美妙は、徳富蘇峰・森田思軒・朝比奈知泉の三氏から、「文学会を組織しよう」という手紙をもらい、1888年9月8日、芝公園の三緑亭へと赴きます。

で、出席した会の定刻は午後五時半、私につゞいて直[ス]ぐに跡から入ッて来られたのは高橋五郎氏で、われ/\より早く依田氏は出て居ました。依田氏の前にはまだ誰一人とて居ぬところ即ち依田氏が出席の第一番でした。

高橋五郎(1856-1935)は聖書の翻訳を手掛けた翻訳家です。

実に今日[コンニチ]までも相変らぬのは会期の時間を違[タガ]へぬ依田氏の性質で、それから以来こゝに三年、諸所[ショショ]の会でも出会[シュッカイ]しますが大抵は依田氏が先陣です。
姓名を互[タガイ]に名乗ッて其処で三人同志の物語になりました。依田氏は其[ソノ]時五十五六、腮髯頬髯[アゴヒゲホホヒゲ]とも大方白髪まじりで髪の毛は割合に薄くない方、身長は中長できりゝとした顔付き、色は歳月に染められて白いといふ方でも無いものの年と比較して皺[シワ]は少なく、笑ふ時には一種の愛嬌が目に生じて、まづ親しむべく、又敬すべき態度でした。紋無しの鶯茶[ウグイスチャ]の羽織着ながしでしたが、着物は何か見損[ミソコナ]ひました。依田氏の紋処[モンドコロ]は横向[ヨコムキ]の揚羽蝶[アゲハチョウ]が、氏の好みは無紋[ムモン]に有ると見えて此[コノ]日のみか、他の時でも氏が有紋[ユウモン]を着るのは最も罕[マレ]です。

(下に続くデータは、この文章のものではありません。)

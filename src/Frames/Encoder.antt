-- ===== src/Frames/Encoder.antt =====
-- `residentFrame` of public/workers/lean.worker.js: a message with its `Content-Length` header.
-- The body is the encoded bytes, as the decoder's events are the decoded ones.
use qed.Common.{
  ℕ, zero, suc, ◌+◌, ◌-◌, ◌*◌, ◌/◌, ◌%◌, ◌^◌, ◌≤◌, ◌<◌, ◌≡◌, refl, ap, ◌∙◌, inl, inr, true, [], ◌∷◌,
  ◌++◌, arith, ltb, if◌then◌else◌, Bool-cases,
}
use native.Mathlib.Nat.{pow-suc}
use qed.Common.Lists.{length, all}
use qed.Common.Text.{codes}
use qed.Frames.Buffer.{Bytes}
use qed.Frames.Scan.{cr, lf, is_digit}

-- "Content-Length: "
abbrev pub field_name : Bytes
field_name = codes "Content-Length: "

abbrev pub blank_line : Bytes
blank_line = cr ∷ lf ∷ cr ∷ lf ∷ []

-- `${n}`: the decimal digits of `n` in front of `acc`.
unfoldable pub decimal_onto : ℕ → ℕ → Bytes → Bytes
decimal_onto zero n acc = acc
decimal_onto (suc fuel) n acc =
    let more = decimal_onto fuel (n / 10) ((n % 10 + 0x30) ∷ acc) in
    if ltb n 10 then (n + 0x30) ∷ acc else more

abbrev pub decimal : ℕ → Bytes
decimal n = decimal_onto (suc n) n []

abbrev pub framed : Bytes → Bytes → Bytes
framed digits body = field_name ++ (digits ++ (blank_line ++ body))

unfoldable pub resident_frame : Bytes → Bytes
resident_frame body = framed (decimal (length body)) body

-- The value of digits read on from `n`.
abbrev pub value_from : ℕ → Bytes → ℕ
value_from n [] = n
value_from n (d ∷ ds) = value_from (n * 10 + (d - 0x30)) ds

decimal_onto-value :
    (fuel n : ℕ) (acc : Bytes)
    → n < fuel
    → value_from 0 (decimal_onto fuel n acc) ≡ value_from n acc
unfolding decimal_onto
decimal_onto-value zero n acc h = absurd (omega arith)
decimal_onto-value (suc fuel) n acc h = elim (Bool-cases (ltb n 10)) [
  | inl e ↦ rw e (ap (λ k. value_from k acc) (omega arith))
  | inr e ↦ rw e (
      decimal_onto-value fuel (n / 10) ((n % 10 + 0x30) ∷ acc) (ground arith)
      ∙ ap (λ k. value_from k acc) (omega arith))
]

decimal_onto-digits :
    (fuel n : ℕ) (acc : Bytes)
    → all is_digit acc ≡ true
    → all is_digit (decimal_onto fuel n acc) ≡ true
unfolding decimal_onto
decimal_onto-digits zero n acc h = h
decimal_onto-digits (suc fuel) n acc h =
    ground (arith, decimal_onto-digits fuel (n / 10) ((n % 10 + 0x30) ∷ acc))

decimal_onto-length : (fuel n : ℕ) (acc : Bytes) → length acc ≤ length (decimal_onto fuel n acc)
unfolding decimal_onto
decimal_onto-length zero n acc = omega arith
decimal_onto-length (suc fuel) n acc =
    ground (arith, decimal_onto-length fuel (n / 10) ((n % 10 + 0x30) ∷ acc))

pub decimal-value : (n : ℕ) → value_from 0 (decimal n) ≡ n
decimal-value n = decimal_onto-value (suc n) n [] (omega arith)

pub decimal-digits : (n : ℕ) → all is_digit (decimal n) ≡ true
decimal-digits n = decimal_onto-digits (suc n) n [] refl

decimal_onto-short :
    (fuel n k : ℕ) (acc : Bytes)
    → n < 10 ^ suc k
    → length (decimal_onto fuel n acc) ≤ length acc + suc k
unfolding decimal_onto
decimal_onto-short zero n k acc h = omega arith
decimal_onto-short (suc fuel) n zero acc h = elim (Bool-cases (ltb n 10)) [
  | inl e ↦ rw e (omega arith)
  | inr e ↦ absurd (ground arith)
]
decimal_onto-short (suc fuel) n (suc k) acc h =
    ground (arith, decimal_onto-short fuel (n / 10) k ((n % 10 + 0x30) ∷ acc) (smaller n k h))
  where
    smaller : (n k : ℕ) → n < 10 ^ suc (suc k) → n / 10 < 10 ^ suc k
    smaller n k h = omega (arith, rw pow-suc at h)

decimal_onto-nonempty : (fuel n : ℕ) (acc : Bytes) → 1 ≤ length (decimal_onto (suc fuel) n acc)
unfolding decimal_onto
decimal_onto-nonempty fuel n acc =
    ground (arith, decimal_onto-length fuel (n / 10) ((n % 10 + 0x30) ∷ acc))

-- A length that JavaScript can count to has at most 16 digits.
pub decimal-length : (n : ℕ) → n < 2 ^ 53 → (1 ≤ length (decimal n)) × (length (decimal n) ≤ 16)
decimal-length n h =
    (decimal_onto-nonempty n n [], decimal_onto-short (suc n) n 15 [] (omega arith))
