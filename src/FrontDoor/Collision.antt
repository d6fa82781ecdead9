-- ===== src/FrontDoor/Collision.antt =====
-- The umbrella collision of public/workers/lsp-front-door.js: the names that Lean's diagnostics
-- report as already declared, and the note that explains them.
use Prim.Native.Char.{code}
use Prim.Native.String.{String, ◌++◌ as str_append}
use text.Mathlib.Text.{◌==◌ as str_eq}
use qed.Common.{
  ℕ, ◌+◌, Bool, false, ◌||◌, Option, none, some, List, [], ◌∷◌, ltb, ◌==◌, if◌then◌else◌,
}
use qed.Common.Text.{codes}
use qed.Common.Int.{pos}
use qed.Common.Json.{Json, Items, num, str, arr, obj, end, field, get, text_of, to_list, is_text}
use qed.FrontDoor.Words.{HeaderLine, is_space, is_quote, strip_prefix}

abbrev skip_quote : String → String
skip_quote String.[] = String.[]
skip_quote (String.◌∷◌ c s) = if is_quote (code c) then s else String.◌∷◌ c s

-- [^`'"\s]+, and what stands behind it
name_run : String → String × String
name_run String.[] = ("", "")
name_run (String.◌∷◌ c s) =
    let (name, rest) = name_run s in
    if is_quote (code c) || is_space (code c)
    then ("", String.◌∷◌ c s)
    else (String.◌∷◌ c name, rest)

-- The pattern at one place: its first group.
abbrev declared_here : String → Option String
declared_here s =
    let (name, rest) = name_run (skip_quote s) in
    if str_eq name ""
    then none
    else elim (strip_prefix (codes " has already been declared") (skip_quote rest)) [
      | none ↦ none
      | some _ ↦ some name
    ]

-- `ALREADY_DECLARED.exec(message)`: the leftmost match.
unfoldable pub already_declared : String → Option String
unfolding name_run strip_prefix
already_declared String.[] = none
already_declared (String.◌∷◌ c s) =
    let later = already_declared s in
    elim (declared_here (String.◌∷◌ c s)) [ none ↦ later | some name ↦ some name ]

abbrev includes : List String → String → Bool
includes [] name = false
includes (n ∷ ns) name = str_eq n name || includes ns name

-- The loop of `collidingNames`.
colliding_onto : List String → List Json → List String
colliding_onto names [] = names
colliding_onto names (d ∷ ds) =
    colliding_onto
      (elim (text_of (get "message" d)) [
        | none ↦ names
        | some message ↦ elim (already_declared message) [
          | none ↦ names
          | some name ↦ if includes names name then names else add_last names name
        ]
      ])
      ds
  where
    add_last : List String → String → List String
    add_last [] n = n ∷ []
    add_last (m ∷ ms) n = m ∷ add_last ms n

unfoldable pub colliding_names : Items → List String
unfolding colliding_onto already_declared
colliding_names diagnostics = colliding_onto [] (to_list diagnostics)

-- The umbrella aliases of the kernel's resolver.
abbrev pub umbrella_aliases : List String
umbrella_aliases = "Mathlib" ∷ "Mathlib.Tactic" ∷ "Batteries" ∷ "MIL.Common" ∷ []

abbrev is_alias : Json → Bool
is_alias (str m) = includes umbrella_aliases m
is_alias _ = false

-- The loop of `aliasOnlyKey`, with the number of aliases so far.
abbrev alias_only_from : ℕ → List Json → Bool
alias_only_from aliases [] = ltb 0 aliases
alias_only_from aliases (m ∷ ms) =
    let skipped = alias_only_from aliases ms in
    let counted = alias_only_from (aliases + 1) ms in
    if is_text (some m) "Init" then skipped else (if is_alias m then counted else false)

abbrev pub alias_only_key : Option Json → Bool
alias_only_key (some (arr xs)) = alias_only_from 0 (to_list xs)
alias_only_key _ = false

-- `name.replace(/^.*\./, "")`: what stands behind the last dot. A name holds no line end.
after_last_dot : String → Option String
after_last_dot String.[] = none
after_last_dot (String.◌∷◌ c s) = elim (after_last_dot s) [
  | some rest ↦ some rest
  | none ↦ if code c == b'.' then some s else none
]

abbrev last_part : String → String
last_part name = elim (after_last_dot name) [ none ↦ name | some rest ↦ rest ]

-- `names.slice(0, 3).join(", ")`
abbrev shown_names : List String → String
shown_names [] = ""
shown_names (a ∷ []) = a
shown_names (a ∷ b ∷ []) = str_append a (str_append ", " b)
shown_names (a ∷ b ∷ c ∷ _) = str_append a (str_append ", " (str_append b (str_append ", " c)))

abbrev first_name : List String → String
first_name [] = ""
first_name (a ∷ _) = a

abbrev note_text : List String → String
note_text names = str_append (shown_names names) (
    str_append
      " collides with Mathlib: this playground preloads all of Mathlib for speed, so names Mathlib defines are already taken. live.lean-lang.org imports only your header's closure and would not collide. Rename it (e.g. My"
      (str_append (last_part (first_name names))
        "), or use \"Load exact imports\" beside the status pill (about a minute; the first time downloads the 1 GB Mathlib library)."))

abbrev place : ℕ → ℕ → Json
place line character =
    obj (field "line" (num (pos line)) (field "character" (num (pos character)) end))

-- The note on the header line, of severity 3 (information).
unfoldable pub collision_note : HeaderLine → List String → Json
unfolding after_last_dot
collision_note at names = obj (
    field "range"
      (obj (field "start" (place at.line 0) (field "end" (place at.line at.length) end)))
      (field "severity" (num (pos 3))
        (field "source" (str "QED64") (field "message" (str (note_text names)) end))))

こういう記録、ありがたいですよねぇ~。前置きにあるように、「風采から態度迄綿密に写すこと」という意識がないと、意外と記録されないものなんですよねぇ~。作家の笑顔の写真とか、ほとんどないですからね!

やがて吉野拾遺名歌誉[ヨシノシュウイメイカノホマレ]の事から芝居の話しが始まりました。

學海は、九代目市川團十郎(1838-1903)の演劇改良運動に賛同したひとりであり、歌舞伎の近代化を目指し、川尻宝岑(1843-1910)との合作で『吉野拾遺名歌誉』(1886)などの脚本を書いています。

彼是[カレコレ]論も湧[ワ]きましたがさしたる事でも有りませんでした。その内に彼是人も集まりました。内田周平[ウチダシュウヘイ]、朝比奈知泉、森田文蔵、徳富猪一郎、竹越与三郎[タケコシヨサブロウ]、坪内雄蔵、久米幹文[クメモトブミ]、矢野文蔵[ヤノフミオ]これらの諸氏で、実に今日[コンニチ]の文学会のはじめは此時[コノトキ]でした。

内田周平(1854-1944)の号は遠湖で儒学者、竹越与三郎(1865-1950)の号は三叉で新聞記者、久米幹文(1828-1894)は国学者、矢野文蔵(1851-1931)の号は龍渓[リュウケイ]で小説家としても活躍した政治家です。

ということで、この続きは…

また明日、近代でお会いしましょう!

この記事が参加している募集

読書感想文

この記事が気に入ったらサポートをしてみませんか?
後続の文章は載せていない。